Where there is a lock there is always a key and if you can’t get find a key use a hammer. If that does not work, blow the door off.
This type of mindset is the foundation of how malicious attackers look at your network. There are no rules or regulations governing an attacker. There are no best practices or compliance regulations. Just pure anarchy. Their techniques are not always advertised on your exploit database web pages or the latest vulnerability research analysis, and why would they be? If you had a competitive edge on your opponent would you tell them how to block your punches? I hardly think so.

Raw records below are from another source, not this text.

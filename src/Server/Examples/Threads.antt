-- ===== src/Server/Examples/Threads.antt =====
-- Two PUTs and a GET that interleave on a leader without peers.
use scalable_key_value_store.Server.Threads.Lost.{lost, lost-Ends}
use scalable_key_value_store.Server.Threads.Programs.{update_commit_index}
use scalable_key_value_store.Server.Service.Alone.{proposal}
use scalable_key_value_store.Server.Service.{put, put_response}
use scalable_key_value_store.Server.Java.{pure, ◌>>=◌}
use scalable_key_value_store.Prelude.{take, true, arith, ◌≡◌, refl, none, List, [], ◌∷◌, All}
use scalable_key_value_store.Server.RaftState.{is_leader, leader}
use scalable_key_value_store.Server.Raft.{RaftNode}
use scalable_key_value_store.Server.Storage.Sqlite.{Tables}
use scalable_key_value_store.Server.Storage.Refines.{Store, encode}
use scalable_key_value_store.Server.Threads.Perform.{goes, alone}
use scalable_key_value_store.Server.Threads.Pool.{
  Request, put_request, get_request, election_request, program, Move, arrives, moves, move,
  interleave,
}
use scalable_key_value_store.Server.Threads.Guard.{Extends}
use scalable_key_value_store.Server.Threads.Orderly.{IsOrdered}
use scalable_key_value_store.Server.Threads.Answers.{
  HasAnswer, idle, interleave-IsOrdered, interleave-HasAnswer,
}
use scalable_key_value_store.Server.Java.Laws.{Ends}
use scalable_key_value_store.Server.Replication.Spec.{IsConsistent, apply_entries, empty_values}
use scalable_key_value_store.Server.Threads.Session.{IsServing, serve, map_serve, serve-IsServing}
use scalable_key_value_store.Server.Threads.Finish.{Finishes, thread-Finishes}
use scalable_key_value_store.Server.Examples.Database.{
  entry, sample_log, database, contents, database-IsSqlite, key_a, key_b, sample_store,
  sample_store-IsConsistent, sample_node,
}

abbrev lone_node : RaftNode Tables
lone_node = record sample_node {
  peers = [];
  state = record { current_role = leader; current_term = 2; voted_for = none };
}

abbrev first_put : Request
first_put = put_request (λ id. 7) key_a key_b

abbrev second_put : Request
second_put = put_request (λ id. 7) key_a key_a

-- The second PUT appends its entry before the first reads the end of the log.
abbrev schedule : List Move
schedule =
    arrives first_put
    ∷ moves 0
    ∷ moves 0
    ∷ moves 0
    ∷ arrives second_put
    ∷ moves 0
    ∷ moves 0
    ∷ moves 0
    ∷ moves 1
    ∷ moves 1
    ∷ arrives (get_request key_a)
    ∷ moves 0
    ∷ arrives election_request
    ∷ moves 0
    ∷ moves 3
    ∷ moves 2
    ∷ []

interleave-IsOrdered_example :
    (b : Store) × (contents (interleave database schedule (idle lone_node)).node.storage ≡ encode b)
    × Extends sample_store.log b.log
    × IsOrdered b
interleave-IsOrdered_example =
    interleave-IsOrdered database contents database-IsSqlite lone_node sample_store refl refl
      sample_store-IsConsistent schedule

interleave-HasAnswer_example :
    (b : Store) × (contents (interleave database schedule (idle lone_node)).node.storage ≡ encode b)
    × All (HasAnswer b.log) (interleave database schedule (idle lone_node)).threads
interleave-HasAnswer_example =
    interleave-HasAnswer database contents database-IsSqlite lone_node sample_store refl refl
      sample_store-IsConsistent schedule

abbrev two_arrived : List Move
two_arrived = arrives first_put ∷ arrives second_put ∷ []

thread-Finishes_example :
    Finishes database contents (interleave database two_arrived (idle lone_node)) 1 first_put
unfolding interleave move
thread-Finishes_example =
    thread-Finishes database contents database-IsSqlite lone_node sample_store two_arrived 1
      first_put (program first_put) refl refl sample_store-IsConsistent refl

-- All entries are committed and applied.
abbrev applied_store : Store
applied_store = record {
  log = sample_log;
  commit_index = 3;
  last_applied = 3;
  key_values = apply_entries sample_log empty_values;
}

applied_store-IsConsistent : IsConsistent applied_store
applied_store-IsConsistent = record {
  applied = omega arith;
  committed = omega arith;
  replayed = refl;
}

abbrev applied_node : RaftNode Tables
applied_node = record lone_node { storage = encode applied_store }

lone_leads : is_leader applied_node.state ≡ true
unfolding is_leader
lone_leads = refl

applied_node-IsServing :
    IsServing database contents database-IsSqlite applied_node applied_store.key_values
applied_node-IsServing = record {
  store = applied_store;
  held = refl;
  no_peers = refl;
  leads = lone_leads;
  consistent = applied_store-IsConsistent;
  applied = refl;
  values = refl;
}

abbrev requests : List Request
requests = get_request key_b ∷ first_put ∷ election_request ∷ second_put ∷ get_request key_a ∷ []

serve-IsServing_example : Ends (serve database requests) applied_node (λ xs u.
    (xs ≡ (map_serve requests applied_store.key_values).0)
    × IsServing database contents database-IsSqlite u
        (map_serve requests applied_store.key_values).1)
serve-IsServing_example =
    serve-IsServing database contents database-IsSqlite requests applied_node
      applied_store.key_values applied_node-IsServing

-- The last entry, of the current term, is not committed.
abbrev behind_store : Store
behind_store = record applied_store {
  commit_index = 2;
  last_applied = 2;
  key_values = apply_entries (take 2 sample_log) empty_values;
}

behind_store-IsConsistent : IsConsistent behind_store
behind_store-IsConsistent = record {
  applied = omega arith;
  committed = omega arith;
  replayed = refl;
}

abbrev behind_node : RaftNode Tables
behind_node = record lone_node { storage = encode behind_store }

behind_leads : is_leader behind_node.state ≡ true
unfolding is_leader
behind_leads = refl

lost-Ends_example :
    Ends
      (goes database 5 update_commit_index >>= λ p.
        put database (λ id. 7) key_b key_a >>= λ r. alone database p >>= λ _. pure r)
      behind_node
      (λ r u.
        (r ≡ put_response true)
        × (contents u.storage ≡ encode (lost behind_store (proposal behind_node key_b key_a))))
lost-Ends_example =
    lost-Ends database contents database-IsSqlite behind_node behind_store (take 2 sample_log)
      (entry 2 key_a) refl refl refl refl (λ id. 7) key_b key_a refl behind_leads
      behind_store-IsConsistent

You have put together the most sophisticated perimeter defense system known to man, have training and security awareness programs, comply to various legislative regulations and still you are a victim of an attack. How does this happen? We all know there is no such thing as 100 percent security although it is something that we want to move towards but we can never get there. Why is that? In a perfect world there would be no software flaws, no code errors, no vulnerabilities and no entry into a system. In this perfect world there would be limited job opportunities because every system and software would work flawlessly – no system crashes, no reboots required, no updates, no patch management. That is the “Skynet” future of science fiction, but we are here in the 21st century after all. We are all human and we are flawed.
Malicious attackers prey on these weaknesses and because they have no boundaries or ethics that is the reason why they can use a hammer to break your lock. This is not to say that this is what they always do, in fact the best attacks are never seen. What I am saying is that there are no limitations on the processes or methods that are used to attack your system. It can be extremely subtle as in a client side attack or it can be overtly disruptive such as a DDOS attack to your hosted business application.
What we have to remember as security professionals is to not put limitations on our methodology when performing a penetration test or a vulnerability assessment. The point is you need to be prepared to “blow the bloody doors off”.